Não sei o nome dele. Está ali, atrás daquela porta, no lugar onde durante séculos se arrecadaram vice-reis a caminho de um túmulo português. Ele não, não é vice-rei nem grande de nada, apenas um espaço de silêncio no regateio da História, um dos três soldados que cairam na escaramuça de 1961, para pagar a obstinação de Salazar, a fuga de Vassalo da Silva, a fome dos impérios. Dizem que a mãe não o quis de volta, que em plena cerimónia oficial se ergueu para lhe recusar voz de herói. "O meu filho é um mártir, deixem-no lá estar, está muito bem onde está." E aqui ficou,atrás do altar da igreja de S. Caetano, o corpo entregue por nós.
No último dia, outra vez Bombaim. O táxi para o aeroporto atravessa a cidade nocturna, uma da manhã nas ruas quase desertas. Nas bermas, nos passeios, junto aos muros dos prédios, tendas improvisadas, corpos ao relento, uns ao lado dos outros a perder de vista, mulheres, homens, crianças amortalhados nos trajes do dia. Quando se abre a janela, o vento sufoca sob estes milhares de corpos, a podridão dos rios, a lama dos bairros de lata. Danação e pestilência, luxúria e santidade, os contrários entrelaçados num sentido único, sem brechas.

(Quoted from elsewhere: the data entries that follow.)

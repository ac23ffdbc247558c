-- ===== src/KvStore/Between.antt =====
-- A store that serves and a disk between two processes, as what outlives the process; deaths and
-- starts.
use agent_kv.Prelude.{
  ℕ, Bool, true, false, Bytes, List, Option, ◌≡◌, ◌≢◌, ◌⊎◌, inl, inr, refl, sym, ap, subst, ◌∙◌,
}
use agent_kv.Exec.{ok, err}
use agent_kv.Map.{Map, IsMap}
use agent_kv.Disk.{Disk, Fate}
use agent_kv.Snapshot.{LoadResult, temp_path}
use agent_kv.Snapshot.Image.{IsStorable}
use agent_kv.Wal.Frame.{Op, apply_op}
use agent_kv.Wal.Safe.{IsKept}
use agent_kv.KvStore.{World, start}
use agent_kv.KvStore.Durable.{Backed, IsDurable, Backed-same}
use agent_kv.KvStore.Locate.{entries-IsStorable, entries-IsMap}
use agent_kv.KvStore.Good.{Backed-IsSound}
use agent_kv.KvStore.Recovery.{log_is_good, stream_is_good}
use agent_kv.KvStore.Behind.{Stored, kept, torn, unknown, Loose, Behind}
use agent_kv.KvStore.Behind.Start.{Backed-Loose, StartedLoose, start-StartedLoose}
use agent_kv.KvStore.Repaired.{Restarted, start-Restarted}
use agent_kv.KvStore.Sessions.{IsSound, Started, start-Started}
use agent_kv.KvStore.Starting.{IsSound-same, Untouched, start-Untouched}
use agent_kv.KvStore.Life.{died, Phase, up, down, Pair, Moves, Finds}

module _ (wal_path snapshot_path : Bytes) where
  -- A disk between two processes.
  abbrev pub Rests : Stored → Disk → Type 0
  Rests (kept n) d = IsSound wal_path snapshot_path n d
  Rests (torn n) d = (s : World) × Backed wal_path snapshot_path n s × (d.files ≡ s.disk.files)
  Rests unknown d = (s : World) × Loose wal_path snapshot_path s × (d.files ≡ s.disk.files)

  -- The phase holds the pair.
  abbrev pub Keeps : Phase → Pair → Type 0
  Keeps (up s) p =
      Behind wal_path snapshot_path p.stored s
      × IsStorable s.store.entries
      × IsMap s.store.entries
      × (s.store.entries ≡ p.memory)
  Keeps (down d) p = Rests p.stored d

module _ {wal_path snapshot_path : Bytes} (apart : wal_path ≢ snapshot_path)
    (apart' : wal_path ≢ temp_path snapshot_path) where
  -- The pair behind a world.
  pub held :
      (stored : Stored) (s : World)
      → Behind wal_path snapshot_path stored s
      → IsStorable s.store.entries
      → IsMap s.store.entries
      → Keeps wal_path snapshot_path (up s) (record { memory = s.store.entries; stored = stored })
  held stored s b storable map = (b, storable, map, refl)

  pub durable :
      (s : World)
      → IsDurable wal_path snapshot_path s
      → Keeps wal_path snapshot_path
          (up s)
          (record { memory = s.store.entries; stored = kept s.store.entries })
  durable s b = (b, entries-IsStorable b, entries-IsMap b, refl)

  -- A death, by whether the log's stream is good.
  pub dead :
      (stored : Stored) (m : Map) (s : World) (fates : List Fate) (good : Bool)
      → Behind wal_path snapshot_path stored s
      → log_is_good s ≡ good
      → (q : Pair) × Moves (died good) (record { memory = m; stored = stored }) q
        × Keeps wal_path snapshot_path (down (record s.disk { fates = fates })) q
  dead (kept n) m s fates true b good = (
    record { memory = m; stored = kept n },
    refl,
    IsSound-same (record s.disk { fates = fates }) refl
        (Backed-IsSound b (b.log, b.wal, ap stream_is_good (sym b.wal) ∙ good)),
  )
  dead (kept n) m s fates false b good =
      (record { memory = m; stored = torn n }, refl, (s, b, refl))
  dead (torn n) m s fates good b _ = absurd b
  dead unknown m s fates true b _ = (record { memory = m; stored = unknown }, refl, (s, b, refl))
  dead unknown m s fates false b _ = (record { memory = m; stored = unknown }, refl, (s, b, refl))

  -- A start over a log of any bytes.
  outcome :
      (s : World) (d : Disk)
      → Loose wal_path snapshot_path s
      → d.files ≡ s.disk.files
      → StartedLoose apart s (start wal_path snapshot_path d)
  outcome s d b same =
      subst
        (λ (f : Bytes → Option Bytes).
          StartedLoose apart s
            (start wal_path snapshot_path (record { files = f; fates = d.fates })))
        (sym same) (start-StartedLoose apart s b d.fates)

  -- The map that a start finds behind a torn log.
  found :
      (n : Map) (s : World) (d : Disk) (s' : World) (r : LoadResult × ℕ)
      → Backed wal_path snapshot_path n s
      → d.files ≡ s.disk.files
      → start wal_path snapshot_path d ≡ (ok r, s')
      → (s'.store.entries ≡ n) ⊎ ((op : Op) × (s'.store.entries ≡ apply_op op n))
  found n s d s' r b same e =
      let old : World = record s { store = record s.store { entries = n } } in
      let restarted =
        subst
          (λ (f : Bytes → Option Bytes).
            Restarted apart apart' old
              (start wal_path snapshot_path (record { files = f; fates = d.fates })))
          (sym same)
          (start-Restarted apart apart' old (Backed-same b old refl refl refl) d.fates) in
      elim (subst (Restarted apart apart' old) e restarted).0 [
        | inl h ↦ inl h
        | inr (op, _, _, _, h) ↦ inr (op, h)
      ]

  loosely :
      (s : World) (d : Disk) (s' : World) (r : LoadResult × ℕ)
      → Loose wal_path snapshot_path s
      → d.files ≡ s.disk.files
      → start wal_path snapshot_path d ≡ (ok r, s')
      → Loose wal_path snapshot_path s' × IsKept s'.store.entries
  loosely s d s' r b same e = subst (StartedLoose apart s) e (outcome s d b same)

  pub begun :
      (stored : Stored) (d : Disk) (s : World) (r : LoadResult × ℕ)
      → start wal_path snapshot_path d ≡ (ok r, s)
      → Rests wal_path snapshot_path stored d
      → (q : Pair) × Finds stored q × Keeps wal_path snapshot_path (up s) q
  begun (kept n) d s r e i =
      let (same, b) = subst (Started wal_path snapshot_path n) e (start-Started apart i) in
      (
        record { memory = s.store.entries; stored = kept s.store.entries },
        (same, ap kept same),
        durable s b,
      )
  begun (torn n) d s r e (old, b, same) =
      let (b', (storable, map)) = loosely old d s r (Backed-Loose apart b) same e in
      (
        record { memory = s.store.entries; stored = unknown },
        (found n old d s r b same e, refl),
        held unknown s b' storable map,
      )
  begun unknown d s r e (old, b, same) =
      let (b', (storable, map)) = loosely old d s r b same e in
      (record { memory = s.store.entries; stored = unknown }, refl, held unknown s b' storable map)

  pub unstarted :
      (stored : Stored) (d : Disk) (s : World) (fates : List Fate) (message : Bytes)
      → start wal_path snapshot_path d ≡ (err message, s)
      → Rests wal_path snapshot_path stored d
      → Rests wal_path snapshot_path stored (record s.disk { fates = fates })
  unstarted (kept n) d s fates message e i =
      IsSound-same (record s.disk { fates = fates })
        (subst (Untouched apart d) e (start-Untouched apart d i)) i
  unstarted (torn n) d s fates message e (old, b, same) =
      (old, b, subst (StartedLoose apart old) e (outcome old d (Backed-Loose apart b) same))
  unstarted unknown d s fates message e (old, b, same) =
      (old, b, subst (StartedLoose apart old) e (outcome old d b same))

A vida a abraçar a morte, tão longe do delírio ocidental das distâncias. É fácil perder os pontos cardeais, aqui. Anil Samarth, historiador indiano que nos últimos anos se tem dedicado ao estudo das relações entre a India e Portugal considera que as duas culturas só se reconheceram nos dois últimos séculos, quando as prioridades comerciais e a dilatação da fé se esvaziaram, dando lugar à ideia de permanência. Certifica aí a grande diferença entre os portugueses e os outros, nomeadamente os ingleses, cujo aproach foi sempre transitório. "Os únicos invasores que ficaram mais tempo que os portugueses foram os muçulmanos, que se fundiram na India, que hoje é o resultado da relação entre a cultura hindu e a muçulmana. E o objectivo último do meu estudo das relações indo-portuguesas é compreender como é que o meu país lidou com as realidades que lhe eram estranhas, o que absorveu e o que pôs de lado. Talvez através da identificação e análise dessas realidades, consiga chegar àquilo que na India é imutável. A sua essência." Sorri: "A existir, claro."
A existir, a essência das coisas pressupõe a demárche inversa. Por exemplo, da India de Portugal ao Portugal da India, Portugal sem India, Portugal só. Ser português. Perder tudo para encontrar o caminho, como na Bíblia se diz ao homem que tem o mundo mas não sabe da alma. Deve ser por isto que se viaja, para regular no coração a impossibilidade, decantar em nada o que se julgou saber. Tentar, porque no fim não faz diferença nenhuma. Como tão bem viu Duarte Barbosa nas suas crónicas de há três séculos, não é por conhecermos as fábulas que deixamos de as querer escrever.